I think the key to solving this problem is gaining better understanding over the reason why the message is being deferred in the first place, therefore providing you with more control. In my particular application it can only be caused when for instance an e-mail server is down or unreachable etc. So maybe I need some sort of watchdog in my application that (eventually) detects when the e-mail server is down and then actively stops trying to send messages, and indeed maybe even puts the brakes on actually Receive()‘ing messages from the queue in the first place. For those messages that have been received already then maybe there should be a separate queue called something like “email-outbox-deferred” (note the suffix). Messages queued on this would not actually be the real message but simply a pointer record that points back to the SequenceId of the real one on the “email-outbox” queue. When the watchdog detects that the e-mail server has come back up then it can start opening up the taps again. Firstly it would perform a Receive() loop on the “email-outbox-deferred” queue and attempt to reprocess those messages by following the SequenceId pointers back to the real queue. If it manages to successfully send the e-mail then it can issue a Complete() on both the deferred pointer message and the real message; to entirely remove it from the job queue. Otherwise it can Abandon() them both and the watchdog can start from square one by waiting to gain confidence of the e-mail servers health before retrying again.
The key to this approach is the watchdog. The watchdog must act as a type of valve that can open and close the Receive() loops on the two queues. Without this component you are liable to create long unconstrained loops or even infinite-like loops that will cause you to have potentially massive Service Bus transaction costs on your next bill from Azure.
I believe what I have described here is considered to be a SEDA or “Staged event-driven architecture“. Documentation of this pattern is a bit thin on the ground at the moment. Hopefully this will start to change as enterprise-level PaaS cloud applications gain more and more traction. But if anyone has any good book recommendations… ping me a message.
I’d be interested in learning more about message deferral and retry strategies, so please comment!
Transient fault retry logic is not built into the Client API
Transient faults are those that imply there is probably nothing inherently wrong with your message. It’s just that the Service Bus is perhaps too busy or network conditions dictate that it can’t be handled at this time. Fortunately the Client API includes a nice IsTransient boolean property on every MessagingException. Making good use of this property is harder than it first appears though.
All the Azure documentation that I’ve found makes use of (the rather hideous) Enterprise Library Transient Fault Block pattern. That’s all fine and good. But who honestly wants to be wrapping up every Client API action they do in that? Sure you can abstract it away again by yourself but where does it end?
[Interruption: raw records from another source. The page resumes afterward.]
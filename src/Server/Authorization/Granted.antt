-- ===== src/Server/Authorization/Granted.antt =====
-- Where `authorize` may send the user (authorization.service.ts).
use seleksi2_labpro.Prelude.{
  ap, subst, arith, none, ◌||◌, is_some, and-true, eq_iff, ℕ, ◌≡◌, refl, String, true, Option, some,
  err, ◌⊎◌, inl, inr, Bool-cases, Option-cases, find_by, ◌>>=◌, ◌===◌,
}
use seleksi2_labpro.Database.{Prisma, reference, IsDocumented, documented}
use mathlib.Core.List.{Memᴰ}
use seleksi2_labpro.Database.Rows.{find_by_sound}
use seleksi2_labpro.Database.Members.{find_by-Memᴰ}
use seleksi2_labpro.Schema.Accounts.{Application, ApplicationRedirectUri}
use seleksi2_labpro.Shared.Json.{Json, string}
use seleksi2_labpro.Server.Store.{ServerStore}
use seleksi2_labpro.Server.Runtime.{Runtime, Settings, Call, Url, read_bounded_string}
use seleksi2_labpro.Server.Authorization.{
  AuthorizationRequestInput, authorize, untrusted, is_supported_redirect_uri, supported_url,
  trusted_uri, registered_uri,
}

-- The request passed the first tests of `authorize`.
record Passes (rt : Runtime) (cfg : Settings) (c : Call) (input : AuthorizationRequestInput)
    (s : ServerStore) : Type 0 where
  client_id : String
  uri : String
  application : Application
  named : read_bounded_string input.client_id 255 ≡ some client_id
  sent_to : trusted_uri rt (read_bounded_string input.redirect_uri 2048) ≡ some uri
  known : find_by (λ (a : Application). a.client_id === client_id) s.applications ≡ some application
  registered : registered_uri ⦃db = reference⦄ rt cfg c application uri s ≡ true

-- The request names an application of the table, and a redirect URI that a row of the table of
-- redirect URIs registers for that application; the URI is one of the web, with neither credentials
-- nor a fragment.
pub record IsTrusted (rt : Runtime) (input : AuthorizationRequestInput) (s : ServerStore)
    : Type 0 where
  pub client_id : String
  pub uri : String
  pub application : Application
  pub row : ApplicationRedirectUri
  pub url : Url
  pub named : input.client_id ≡ some (string client_id)
  pub sent_to : input.redirect_uri ≡ some (string uri)
  pub known : Memᴰ application s.applications × (application.client_id ≡ client_id)
  pub on_record : Memᴰ row s.redirect_uris
  pub of_application : row.application_id ≡ application.id
  pub same_uri : row.redirect_uri ≡ uri
  pub parsed : rt.parse_url uri ≡ some url
  pub web : (url.protocol ≡ "http:") ⊎ (url.protocol ≡ "https:")
  pub bare : (url.username ≡ "") × (url.password ≡ "") × (url.hash ≡ "")

bounded_sound :
    (o : Option Json) (n : ℕ) (s : String) → read_bounded_string o n ≡ some s → o ≡ some (string s)
unfolding read_bounded_string
bounded_sound (some (string t)) n s h = ground arith
bounded_sound _ n s h = ground arith

trusted_sound :
    (rt : Runtime) (o : Option String) (uri : String)
    → trusted_uri rt o ≡ some uri
    → (o ≡ some uri) × (is_supported_redirect_uri rt uri ≡ true)
trusted_sound rt none uri h = ground arith
trusted_sound rt (some u) uri h = elim (Bool-cases (is_supported_redirect_uri rt u)) [
  | inl good ↦
      let same : u ≡ uri = ground (arith, h, good) in
      (ap some same, subst (λ x. is_supported_redirect_uri rt x ≡ true) same good)
  | inr bad ↦ ground (arith, h, bad)
]

url_sound :
    (o : Option Url)
    → supported_url o ≡ true
    → (url : Url) × (o ≡ some url)
      × ((url.protocol ≡ "http:") ⊎ (url.protocol ≡ "https:"))
      × (url.username ≡ "")
      × (url.password ≡ "")
      × (url.hash ≡ "")
url_sound none h = ground arith
url_sound (some u) h =
    let (users, hash) = and-true _ (u.hash === "") h in
    let (names, password) = and-true _ (u.password === "") users in
    let (protocol, user) =
      and-true (u.protocol === "http:" || u.protocol === "https:") (u.username === "") names in
    (
      u,
      refl,
      (elim (Bool-cases (u.protocol === "http:")) [
        | inl plain ↦ inl ((eq_iff u.protocol "http:").0 plain)
        | inr other ↦ inr ((eq_iff u.protocol "https:").0 (ground (arith, protocol, other)))
      ]),
      (eq_iff u.username "").0 user,
      (eq_iff u.password "").0 password,
      (eq_iff u.hash "").0 hash,
    )

registered_sound :
    (o : Option ApplicationRedirectUri)
    → is_some o ≡ true
    → (r : ApplicationRedirectUri) × (o ≡ some r)
registered_sound none h = ground arith
registered_sound (some r) h = (r, refl)

Passes-IsTrusted :
    (rt : Runtime) (cfg : Settings) (c : Call) (input : AuthorizationRequestInput) (s : ServerStore)
    → Passes rt cfg c input s
    → IsTrusted rt input s
unfolding is_supported_redirect_uri
Passes-IsTrusted rt cfg c input s p =
    let (given, supported) = trusted_sound rt _ p.uri p.sent_to in
    let (url, parsed, web, user, password, hash) = url_sound (rt.parse_url p.uri) supported in
    let (row, found) = registered_sound _ p.registered in
    let (mine, same) = and-true _ _ (find_by_sound _ s.redirect_uris row found) in
    record {
      client_id = p.client_id;
      uri = p.uri;
      application = p.application;
      row = row;
      url = url;
      named = bounded_sound input.client_id 255 p.client_id p.named;
      sent_to = bounded_sound input.redirect_uri 2048 p.uri given;
      known = (
        find_by-Memᴰ _ s.applications p.application p.known,
        (eq_iff p.application.client_id p.client_id).0
            (find_by_sound _ s.applications p.application p.known),
      );
      on_record = find_by-Memᴰ _ s.redirect_uris row found;
      of_application = (eq_iff row.application_id p.application.id).0 mine;
      same_uri = (eq_iff row.redirect_uri p.uri).0 same;
      parsed = parsed;
      web = web;
      bare = (user, password, hash);
    }

module _ (rt : Runtime) (cfg : Settings) (c : Call) (input : AuthorizationRequestInput)
    (token : Option String) (s : ServerStore) where
  Passes-or_refused :
      Passes rt cfg c input s
      ⊎ (authorize ⦃db = reference⦄ rt cfg c input token s ≡ (err untrusted, s))
  unfolding authorize ◌>>=◌
  Passes-or_refused = elim (Option-cases (read_bounded_string input.client_id 255)) [
    | inl e ↦ inr (rw e refl)
    | inr (client_id, named) ↦
        elim (Option-cases (trusted_uri rt (read_bounded_string input.redirect_uri 2048))) [
          | inl e ↦ inr (rw (named, e) refl)
          | inr (uri, sent_to) ↦
              elim (Option-cases
                (find_by (λ (a : Application). a.client_id === client_id) s.applications)) [
                  | inl e ↦ inr (rw (named, sent_to, e) refl)
                  | inr (a, known) ↦
                      elim (Bool-cases (registered_uri ⦃db = reference⦄ rt cfg c a uri s)) [
                        | inl registered ↦ inl (record {
                          client_id = client_id;
                          uri = uri;
                          application = a;
                          named = named;
                          sent_to = sent_to;
                          known = known;
                          registered = registered;
                        })
                        | inr e ↦ inr (rw (named, sent_to, known, e) refl)
                      ]
                ]
        ]
  ]

module _ ⦃db : Prisma⦄ (l : IsDocumented db) where
  -- An authorization request either names an application and a web address that is registered as a
  -- redirect URI of that application, or is answered with the error that sends the user nowhere, and
  -- changes nothing.
  pub authorize-IsTrusted :
      (rt : Runtime) (cfg : Settings) (c : Call) (input : AuthorizationRequestInput)
      (token : Option String) (s : ServerStore)
      → IsTrusted rt input s ⊎ (authorize rt cfg c input token s ≡ (err untrusted, s))
  authorize-IsTrusted rt cfg c input token s =
      rw (documented l) (elim (Passes-or_refused rt cfg c input token s) [
        | inl p ↦ inl (Passes-IsTrusted rt cfg c input s p)
        | inr refused ↦ inr refused
      ])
It seems odd that the Client API doesn’t have this built in. Why when you invoke some operation like Receive() can’t you specify a transient fault retry strategy as an optional parameter? Or hell, why can’t you just specify this retry strategy at a QueueClient level?
I remain hopeful that this is something the Azure guys will fix soon.
Dead lettering is not the end
You may think that once you’ve dead lettered a message that you’ll not need to worry about it again from your application. Wrong.
When you dead letter a message it is actually just moved to a special sub-queue of your queue. If left untouched, it will remain in that sub-queue forever. Forever. Yes, forever. Yes, a memory leak. Eventually this will bring down your application because your queue will run into its memory limit (which can only be a maximum of 5GB). Annoyingly most developers are simply not aware of the dead letter sub-queues existence because it does not show up as a queue on the Server Explorer pane in Visual Studio. Bit of an oversight that one!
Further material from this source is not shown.